Re: hash function bounds summarized
John Cowan 30 Nov 2015 04:26 UTC
Alex Shinn scripsit:
> This assumption is plainly wrong as it depends on the actual range
> of fixnums.
However, R6RS mandates at least 24-bit fixnums, and looking at FixnumInfo,
we see that all the widely used Schemes have at least 29-bit fixnums.
2^28-1 is a *lot* of buckets on a 32-bit machine. There are a few
Schemes that have the same size fixnums on both 32-bit and 64-bit builds
(Elk, IronScheme, Larceny, Mosh, RScheme), but I imagine it wouldn't
be horrendously hard to change that, except perrhaps for IronScheme
because of its CLR dependency.
> What makes hash functions special is that they form a contract
> interacting with the hash table size limit, a contract which is exposed
> to third parties who can write their own hash functions. The concern
> then is that we could inadvertently make it _impossible_ to write a
> hash table implementation which supported certain hash tables which
> would otherwise be possible, i.e. we could be forcing an artificial
> upper bound.
Well, yes.

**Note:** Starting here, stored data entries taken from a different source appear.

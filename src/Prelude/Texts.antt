-- ===== src/Prelude/Texts.antt =====
-- Go strings as lists of bytes: equality, literals, and the searches of package strings.
use Prim.Native.Nat.{ℕ, zero, suc, ◌+◌, pred}
use Prim.Native.Char.{code}
use Prim.Native.String.{String}
use mathlib.Core.Path.{◌≡◌, refl}
use mathlib.Core.Logic.{◌↔◌}
use mathlib.Core.Bool.{Bool, true, false, ◌&&◌}
use mathlib.Core.List.{List, [], ◌∷◌, ◌++◌}
use native.Mathlib.Omega.{arith}
use caspaste.Prelude.Tests.{◌==◌, if◌then◌else◌}
use caspaste.Prelude.Lists.{length}

abbrev pub Text : Type 0
Text = List ℕ

-- The code points of a literal, which are its bytes where it is ASCII.
abbrev pub codes : String → Text
codes String.[] = []
codes (String.◌∷◌ c s) = code c ∷ codes s

unfoldable pub text_eq : Text → Text → Bool
text_eq [] [] = true
text_eq (x ∷ xs) (y ∷ ys) = x == y && text_eq xs ys
text_eq _ _ = false

pub text_eq_iff : (a b : Text) → (text_eq a b ≡ true) ↔ (a ≡ b)
unfolding text_eq
text_eq_iff (x ∷ a) (y ∷ b) = ground (arith, text_eq_iff a b)
text_eq_iff _ _ = ground arith

pub text_eq_refl : (a : Text) → text_eq a a ≡ true
text_eq_refl a = (text_eq_iff a a).1 refl

-- `strings.HasPrefix`, its arguments swapped.
unfoldable pub has_prefix : Text → Text → Bool
has_prefix [] t = true
has_prefix (x ∷ p) [] = false
has_prefix (x ∷ p) (y ∷ t) = x == y && has_prefix p t

-- `strings.Count(t, sub)` for a `sub` that is not empty. The first argument is the number of bytes
-- left of a match that has been counted.
unfoldable pub count_from : ℕ → Text → Text → ℕ
unfolding has_prefix
count_from k sub [] = 0
count_from (suc k) sub (c ∷ t) = count_from k sub t
count_from zero sub (c ∷ t) =
    let here = has_prefix sub (c ∷ t) in
    (if here then 1 else 0) + count_from (if here then pred (length sub) else 0) sub t

-- `strings.Replace(t, old, new, -1)` for an `old` that is not empty.
unfoldable pub replace_from : ℕ → Text → Text → Text → Text
unfolding has_prefix
replace_from k old new [] = []
replace_from (suc k) old new (c ∷ t) = replace_from k old new t
replace_from zero old new (c ∷ t) =
    let here = has_prefix old (c ∷ t) in
    (if here then new else c ∷ []) ++ replace_from (if here then pred (length old) else 0) old new t

abbrev pub count : Text → Text → ℕ
count t sub = count_from 0 sub t

abbrev pub replace_all : Text → Text → Text → Text
replace_all t old new = replace_from 0 old new t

If a user-written hash function never delivers a result
larger than 2^20, then hash tables that would naturally require more
than 2^20 buckets aren't going to work properly. I don't see how
you can avoid this.
> but a majority of Schemes use 2 bits,
(Technically only a plurality: 14 out of 39 in 32-bit mode, and in 64-bit
only 8 out of 35.)
> But I'm serious about the seed arguments.
I am too, but I'm not convinced that an argument is the correct strategy.
I still incline to the idea of a global seed that is set randomly before
any user code executes. This disallows hyper-paranoid implementations
with a distinct seed per hash table, but makes management of hash
functions outside of hash tables much simpler.
--
John Cowan http://www.ccil.org/~cowan xxxxxx@ccil.org
Híggledy-pìggledy / XML programmers
Try to escape those / I-eighteen-N woes;
Incontrovertibly / What we need more of is
Unicode weenies and / François Yergeaus.